Proposal Number: IIS-0241229 Principal Investigator: Thomas Moritz
This international collaborative project proposes to design and test approaches to mark-up and extraction of scientific date from a corpus drawn from the biosystematics literature of entomology (ants) and to develop a set of applications bases on an ontology for this topical area. Ontologies for natural history information are particularly complex because of the diversity of the source material and selected descriptors. The project will build on digital library work underway at the American Museum of Natural History, on biological informatics at Ohio State University and computer science at Universitat Magdeburg in Germany. The project is jointly sponsored by the German Deutsche Forschungsgemeinschaft.

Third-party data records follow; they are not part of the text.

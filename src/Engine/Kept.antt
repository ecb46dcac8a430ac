-- ===== src/Engine/Kept.antt =====
-- What every event keeps: a property of the totals that `record_completed`, the depth of an issue and
-- the counts beside them keep is kept by `ingest` (crates/protocol/src/lib.rs).
use android_ebpf_studio.Prelude.{
  ℕ, suc, ◌⊎◌, if◌then◌else◌, ◌+◌, ◌&&◌, ◌≡◌, refl, not, Option, none, some, List, [], ◌∷◌, arith,
  leb, eqb, length, inl, inr, Bool-cases, nat_eq, pair_eq, list_eq,
}
use android_ebpf_studio.Prelude.Dict.{lookup, insert, remove}
use android_ebpf_studio.Events.Block.{
  BlockIssue, SchedulerIoWait, AccessPattern, IoSizeClass, classify_size,
}
use android_ebpf_studio.Events.Pipeline.{
  layer_eq, PipelinePhase, PipelineObservation, begin, end, instant, span,
}
use android_ebpf_studio.Events.Completed.{CompletedIo, start_timestamp, completion_timestamp}
use android_ebpf_studio.Wire.{
  StorageEvent, scheduler_io_wait, block_insert, block_issue, block_complete,
  observed_block_completion, file_io, pipeline, request_origin, node, edge,
}
use android_ebpf_studio.Correlator.{on_issue_classified, on_complete, is_some}
use android_ebpf_studio.Classifier.{classify}
use android_ebpf_studio.Stats.{max_analysis_samples}
use android_ebpf_studio.Engine.Records.{
  AnalysisSummary, MutableBucket, MutableCategory, CategoryKey,
}
use android_ebpf_studio.Intervals.{Interval}
use android_ebpf_studio.Histogram.{Histogram}
use android_ebpf_studio.Engine.State.{
  AnalysisEngine, PairKey, record_completed, observe_request_time, observe_both, observe_ts, zip,
  max_depth, bucket_depth,
}
use android_ebpf_studio.Engine.Pairing.{
  ingest_pipeline, stage, begin_stage, end_stage, close_stage, expire_stages, observe_end, pair_key,
}
use android_ebpf_studio.Engine.Ingest.{
  is_attributed, ingest_file, ingest_node, ingest_origin, ingest_edge, clear_caches, dispatch,
  is_evidence, ingest, run,
}
use android_ebpf_studio.Engine.Blocks.{
  in_window, placed_in_window, count_pattern, count_size, count_observed, evidence_low, ingest_wait,
  ingest_insert, ingest_issue, ingest_complete, finish_complete, keep_completed, ingest_observed,
}

-- The counts that the balance reads are the same.
abbrev Agrees : AnalysisSummary → AnalysisSummary → Type 0
Agrees s t =
    (t.completed_ios ≡ s.completed_ios)
    × (t.unmeasured_latency_ios ≡ s.unmeasured_latency_ios)
    × (t.unplaced_time_ios ≡ s.unplaced_time_ios)
    × (t.read_bytes ≡ s.read_bytes)
    × (t.write_bytes ≡ s.write_bytes)
    × (t.other_bytes ≡ s.other_bytes)

add_zero : (n : ℕ) → n + 0 ≡ n
add_zero n = omega arith

add_suc : (n k : ℕ) → n + suc k ≡ suc n + k
add_suc n k = omega arith

counts-Agrees :
    (s : AnalysisSummary) (pattern : AccessPattern) (size : IoSizeClass)
    → Agrees s (count_size (count_pattern s pattern) size)
counts-Agrees s pattern size = ground arith

unchanged : (s : AnalysisSummary) → Agrees s s
unchanged s = (refl, refl, refl, refl, refl, refl)

-- A property of what is recorded of the requests.
abbrev pub Property : Type 1
Property =
    AnalysisSummary
    → List ℕ
    → Histogram
    → List (ℕ × MutableBucket)
    → List (CategoryKey × MutableCategory)
    → List Interval
    → Type 0

abbrev pub Of : Property → AnalysisEngine → Type 0
Of P e = P e.summary e.latencies_ns e.live_latency_histogram e.buckets e.categories e.busy_intervals

-- The buckets are the same, or one has a depth more.
abbrev pub Deepened : List (ℕ × MutableBucket) → List (ℕ × MutableBucket) → Type 0
Deepened m m' = (m' ≡ m) ⊎ ((ts : ℕ) × (depth : ℕ) × (m' ≡ bucket_depth ts depth m))

-- The counts beside the totals, and the depths of the buckets, do not matter.
abbrev pub IgnoresCounts : Property → Type 0
IgnoresCounts P =
    (e : AnalysisEngine) (s : AnalysisSummary) (m : List (ℕ × MutableBucket))
    → Agrees e.summary s
    → Deepened e.buckets m
    → Of P e
    → Of P (record e { summary = s; buckets = m })

module _ (P : Property) (counts : IgnoresCounts P) where
  ingest_wait-Holds : (e : AnalysisEngine) (v : SchedulerIoWait) → Of P e → Of P (ingest_wait e v)
  unfolding ingest_wait
  ingest_wait-Holds e v b = elim (Bool-cases (in_window e.completion_window v.ts_ns)) [
    | inr out ↦ rw out b
    | inl within ↦
        rw within (elim (Bool-cases (leb max_analysis_samples (length e.scheduler_waits))) [
          | inl full ↦ rw full b
          | inr room ↦ rw room b
        ])
  ]

  ingest_issue-Holds : (e : AnalysisEngine) (v : BlockIssue) → Of P e → Of P (ingest_issue e v)
  unfolding ingest_issue
  ingest_issue-Holds e v b =
      let pattern = (classify e.classifier v).1 in
      let depth = (on_issue_classified e.correlator v pattern).1 in
      let issued = record e.summary { issued_ios = e.summary.issued_ios + 1 } in
      let counted = count_size (count_pattern issued pattern) (classify_size v.bytes) in
      counts e (record counted { max_queue_depth = max_depth counted.max_queue_depth depth })
        (bucket_depth v.ts_ns depth e.buckets)
        (counts-Agrees issued pattern (classify_size v.bytes)) (inr (v.ts_ns, depth, refl)) b

  observe_both-Holds : (e : AnalysisEngine) (o : Option (ℕ × ℕ)) → Of P e → Of P (observe_both e o)
  observe_both-Holds e none b = b
  observe_both-Holds e (some w) b = b

  observe_request_time-Holds :
      (e : AnalysisEngine) (io : CompletedIo) → Of P e → Of P (observe_request_time e io)
  unfolding observe_request_time
  observe_request_time-Holds e io b =
      observe_both-Holds e (zip (start_timestamp io) (completion_timestamp io)) b

  close_stage-Holds :
      (e : AnalysisEngine) (begun : Option PipelineObservation) (o : PipelineObservation)
      → Of P e
      → Of P (close_stage e begun o)
  unfolding close_stage
  close_stage-Holds e none o b = b
  close_stage-Holds e (some v) o b = elim (Bool-cases (leb v.ts_ns o.ts_ns)) [
    | inl after ↦ rw after b
    | inr before ↦ rw before b
  ]

  begin_stage-Holds :
      (e : AnalysisEngine) (key : PairKey) (o : PipelineObservation)
      → Of P e
      → Of P (begin_stage e key o)
  unfolding begin_stage
  begin_stage-Holds e key o b = elim (Bool-cases (is_some (lookup key e.pending_pipeline))) [
    | inl open_ ↦ rw open_ b
    | inr shut ↦ rw shut (elim (Bool-cases (is_some (lookup key e.ambiguous_pipeline))) [
      | inl unsure ↦ rw unsure b
      | inr sure ↦ rw sure b
    ])
  ]

  end_stage-Holds :
      (e : AnalysisEngine) (key : PairKey) (o : PipelineObservation)
      → Of P e
      → Of P (end_stage e key o)
  unfolding end_stage expire_stages
  end_stage-Holds e key o b = elim (Bool-cases (is_some (lookup key e.ambiguous_pipeline))) [
    | inl unsure ↦ rw unsure b
    | inr sure ↦ rw sure (
        close_stage-Holds (record e { pending_pipeline = remove key e.pending_pipeline })
          (lookup key e.pending_pipeline) o b)
  ]

  stage-Holds :
      (e : AnalysisEngine) (phase : PipelinePhase) (key : Option PairKey) (o : PipelineObservation)
      → Of P e
      → Of P (stage e phase key o)
  unfolding stage expire_stages
  stage-Holds e begin (some key) o b = begin_stage-Holds e key o b
  stage-Holds e begin none o b = b
  stage-Holds e end (some key) o b = end_stage-Holds e key o b
  stage-Holds e end none o b = b
  stage-Holds e instant key o b = b
  stage-Holds e span key o b = b

  observe_end-Holds : (e : AnalysisEngine) (o : Option ℕ) → Of P e → Of P (observe_end e o)
  observe_end-Holds e none b = b
  observe_end-Holds e (some ts) b = b

  ingest_pipeline-Holds :
      (e : AnalysisEngine) (o : PipelineObservation) → Of P e → Of P (ingest_pipeline e o)
  unfolding ingest_pipeline
  ingest_pipeline-Holds e o b =
      stage-Holds _ o.phase (pair_key o) o (observe_end-Holds (observe_ts e o.ts_ns) o.end_ts_ns b)

  clear_caches-Holds :
      (e : AnalysisEngine) (event : StorageEvent) → Of P e → Of P (clear_caches e event)
  clear_caches-Holds e event b = elim (Bool-cases (is_evidence event)) [
    | inl stale ↦ rw stale b
    | inr fresh ↦ rw fresh b
  ]

module _ (P Q : Property) (counts : IgnoresCounts P)
    (weaker : (e : AnalysisEngine) → Of P e → Of Q e)
    (records : (e : AnalysisEngine) (io : CompletedIo)
      → Of P e
      → Of Q (record_completed e io)) where
  keep_completed-Holds :
      (e : AnalysisEngine) (io : CompletedIo) (low : ℕ) → Of P e → Of Q (keep_completed e io low)
  unfolding keep_completed
  keep_completed-Holds e io low b =
      let r = records e io b in
      elim (Bool-cases
        (not e.retain_all_evidence && eqb (length e.completed) max_analysis_samples)) [
          | inl full ↦ rw full r
          | inr room ↦ rw room r
        ]

  finish_complete-Holds :
      (e : AnalysisEngine) (o : Option CompletedIo) → Of P e → Of Q (finish_complete e o)
  unfolding finish_complete
  finish_complete-Holds e none b =
      let s = record e.summary {
        uncorrelated_completions = e.summary.uncorrelated_completions + 1;
      } in
      weaker (record e { summary = s }) (counts e s e.buckets (unchanged e.summary) (inl refl) b)
  finish_complete-Holds e (some io) b =
      elim (Bool-cases (in_window e.completion_window io.completion.ts_ns)) [
        | inl within ↦ rw within (
            keep_completed-Holds
              (record e {
                last_request_completion =
                    insert io.issue.request_id io.completion.ts_ns e.last_request_completion;
              })
              io (evidence_low io (lookup io.issue.request_id e.last_request_completion)) b)
        | inr out ↦ rw out (weaker e b)
      ]

  ingest_observed-Holds :
      (e : AnalysisEngine) (io : CompletedIo) → Of P e → Of Q (ingest_observed e io).0
  unfolding ingest_observed
  ingest_observed-Holds e io b =
      let seen = observe_request_time e io in
      let s = count_observed seen.summary io in
      let counted =
        counts seen s seen.buckets (counts-Agrees _ io.access_pattern io.size_class) (inl refl)
          (observe_request_time-Holds P counts e io b) in
      elim (Bool-cases (placed_in_window e.completion_window (completion_timestamp io))) [
        | inl within ↦ rw within (records (record seen { summary = s }) io counted)
        | inr out ↦ rw out (weaker (record seen { summary = s }) counted)
      ]

  dispatch-Holds : (e : AnalysisEngine) (event : StorageEvent) → Of P e → Of Q (dispatch e event).0
  unfolding dispatch ingest_insert ingest_complete ingest_file ingest_node ingest_origin ingest_edge
  dispatch-Holds e (scheduler_io_wait v) b =
      weaker (ingest_wait e v) (ingest_wait-Holds P counts e v b)
  dispatch-Holds e (block_insert v) b = weaker e b
  dispatch-Holds e (block_issue v) b = weaker (ingest_issue e v) (ingest_issue-Holds P counts e v b)
  dispatch-Holds e (block_complete v) b = finish_complete-Holds _ (on_complete e.correlator v).1 b
  dispatch-Holds e (observed_block_completion io) b = ingest_observed-Holds e io b
  dispatch-Holds e (file_io v) b =
      let s = record e.summary {
        file_ios = e.summary.file_ios + 1;
        attributed_file_ios =
            e.summary.attributed_file_ios + (if is_attributed v.confidence then 1 else 0);
      } in
      weaker (record e { summary = s }) (counts e s e.buckets (unchanged e.summary) (inl refl) b)
  dispatch-Holds e (pipeline v) b =
      weaker (ingest_pipeline e v) (ingest_pipeline-Holds P counts e v b)
  dispatch-Holds e (request_origin v) b = weaker e b
  dispatch-Holds e (node v) b = weaker e b
  dispatch-Holds e (edge v) b = weaker e b

  ingest-Holds : (e : AnalysisEngine) (event : StorageEvent) → Of P e → Of Q (ingest e event).0
  unfolding ingest
  ingest-Holds e event b =
      dispatch-Holds (clear_caches e event) event (clear_caches-Holds P counts e event b)

-- A property for each number of events, kept by one event more.
module _ (P : ℕ → Property) (counts : (n : ℕ) → IgnoresCounts (P n))
    (weaker : (n : ℕ) (e : AnalysisEngine) → Of (P n) e → Of (P (suc n)) e)
    (records : (n : ℕ) (e : AnalysisEngine) (io : CompletedIo)
      → Of (P n) e
      → Of (P (suc n)) (record_completed e io)) where
  pub run-Holds :
      (n : ℕ) (e : AnalysisEngine) (events : List StorageEvent)
      → Of (P n) e
      → Of (P (n + length events)) (run e events)
  unfolding run
  run-Holds n e [] b = rw (add_zero n) b
  run-Holds n e (event ∷ events) b = rw (add_suc n (length events)) (
      run-Holds (suc n) (ingest e event).0 events
        (ingest-Holds (P n) (P (suc n)) (counts n) (weaker n) (records n) e event b))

Biosystematics is the science that provides the definitional foundations for organismic biology and for the applied science of biodiversity conservation. Within zoological systematics, insects are a uniquely important group of organisms with major impacts on human health and economics; ants constitute a particularly important group of social insects accounting for a major part of the biomass in tropical rainforests and displaying remarkable diversity and behavioral variation. This proposal is designed to test approaches to mark-up and extraction of scientific data from a corpus of texts drawn from the biosystematics literature of entomology (ants) and to develop a set of applications including powerful search and retrieval strategies to operate on this corpus. Specifically, approaches to automated XML mark-up will be tested using NMNH hypothesized Taxon-X Schema (derived from the implicit structure of scientific publications in biological systematics and already under development at AMNH). Then the corpus of marked-up literature will be used to explore the automated extraction and application of imbedded scientific data including scientific names, morphological characters, species distribution data (for plotting in GIS and contribution to the emerging world database of biological diversity) and collection locales/events for inclusion in a gazetteer of collecting events.
Accomplishment of these goals will result in increased worldwide access and usefulness of an extensive body of scientific literature that is now generally restricted to users who have access to major research libraries. The project will also stimulate interdisciplinary interaction between computer scientists and domain specialists in a field that stands to benefit greatly from IT research. The core work of this project will contribute to global efforts to design and implement of similar, general purpose ontological services capable of supporting biological and conservation education at all levels. These project can contribute to research and education in biology by prototyping a model by extending the practical usefulness of the enormous body of legacy literature in biosystematics and contributing to the completion and continuing updating of international biodiversity databases. The corpus of literature to be made available on the Web -- as well as the methodology and protocols for managing them -- occurring in the context of the Commonsphilosophy can create a new model for international access to this literature offering access to biosystematics libraries to those who have never before had such resources available.